Cabe recordar que la mayoría del litio utilizado para baterías se extrae en Australia, que lidera la producción mundial, Chile y Argentina. Sin embargo, la materia prima se refina principalmente en China, que domina absolutamente el mercado mundial.
El litio se obtiene principalmente de dos formas: a partir de salmueras (así se encuentra en los salares sudamericanos) o a partir de la espodumena, un mineral rico en litio. Este último es el que interesa en la planta de Tesla. De hecho, sabemos que la compañía estadounidense tiene acuerdos con las mineras australianas Liontown Resources y Core Lithium para garantizarse el suministro de este mineral.
La espodumena se encuentra en roca dura (pegmatitas), por eso lo primero que se hace es triturarla. Después se concentra para quedarse con las partes ricas en litio, y posteriormente se somete a un tratamiento térmico en un horno y un enfriador para transformar su estructura cristalina.

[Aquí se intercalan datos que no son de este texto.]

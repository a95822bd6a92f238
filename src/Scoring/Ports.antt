-- ===== src/Scoring/Ports.antt =====
-- shared/scoring/scorer.go: the port scan component, `calculatePortScore`.
use kerneleye.Base.{◌+◌, ◌*◌, ◌&&◌, ltb, leb, if◌then◌else◌}
use kerneleye.Base.Int.{pos, ◌-ℤ◌}
use kerneleye.Float.{Float, num}
use kerneleye.Scoring.{ThreatScorer, IpMetrics}

-- The duration that rates are taken over: the scorer's least one, or 1, for none.
unfoldable pub port_duration : (f : Float) → ThreatScorer f → f.F → f.F
port_duration f ts duration =
    let least = f.seconds ts.min_window_duration in
    if f.le duration (num f 0) then (if f.le least (num f 0) then num f 1 else least) else duration

-- The ports above the threshold.
unfoldable pub port_excess : (f : Float) → ThreatScorer f → IpMetrics f → f.F
port_excess f ts m =
    let excess = f.of_int (pos m.unique_ports -ℤ pos ts.port_scan_threshold) in
    if f.lt excess (num f 0) then num f 0 else excess

-- Fast scans.
unfoldable pub fast_scan : (f : Float) → ThreatScorer f → IpMetrics f → f.F → f.F → f.F
unfolding port_excess
fast_scan f ts m connection_rate duration =
    let per_sec = f.div (num f m.unique_ports) duration in
    let per_connection = f.div (num f m.unique_ports) (f.add connection_rate (num f 1)) in
    let dynamic = f.max (f.decimal 5 1) (f.div (num f 5) duration) in
    let excess = port_excess f ts m in
    if f.le per_connection (f.decimal 8 1)
    then (if leb (ts.port_scan_threshold + 3) m.unique_ports
          && f.lt (f.mul dynamic (f.decimal 15 1)) per_sec
        then f.add (num f 1) (f.mul excess (f.decimal 25 2))
        else num f 0)
    else if leb m.unique_ports 10
    then (if f.le (f.mul dynamic (f.decimal 6 1)) per_sec
        then f.add (num f 1) (f.mul excess (f.decimal 4 1))
        else num f 0)
    else if f.lt dynamic per_sec
    then f.add (num f 5) (f.sqrt excess)
    else num f 0

-- A slow scan's score, where it exceeds the fast one's.
unfoldable pub slow_scan : (f : Float) → ThreatScorer f → IpMetrics f → f.F → f.F
slow_scan f ts m score =
    let rate = f.div (num f m.cumulative_unique_ports) m.cumulative_window_hours in
    let slow = f.mul (f.log10 rate) (num f 2) in
    if leb (ts.port_scan_threshold * 3) m.cumulative_unique_ports
      && f.lt (f.decimal 5 1) m.cumulative_window_hours
      && f.lt (num f 10) rate
      && f.lt score slow
    then slow
    else score

unfoldable pub calculate_port_score : (f : Float) → ThreatScorer f → IpMetrics f → f.F → f.F → f.F
unfolding fast_scan slow_scan port_duration
calculate_port_score f ts m connection_rate duration =
    if ltb m.unique_ports ts.port_scan_threshold
      && ltb m.cumulative_unique_ports (ts.port_scan_threshold * 2)
    then num f 0
    else slow_scan f ts m (fast_scan f ts m connection_rate (port_duration f ts duration))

A partir de ahí se aplica un proceso de lixiviación alcalina y, finalmente, ese litio se purifica y se convierte en hidróxido de litio, el compuesto industrial que se utiliza en las baterías. Según Tesla, su proceso reduce de forma significativa el consumo de agua y el uso de productos químicos agresivos frente a los métodos tradicionales, y reduce el coste por tonelada refinada. Este punto es clave: Tesla no solo quiere litio propio, sino litio más barato.
Aunque no es lo más habitual para un fabricante de automóviles, Tesla no es la primera en hacer su propia refinería de litio para baterías. BYD también está montando una red de producción de litio en China y con fuertes lazos en Sudamérica.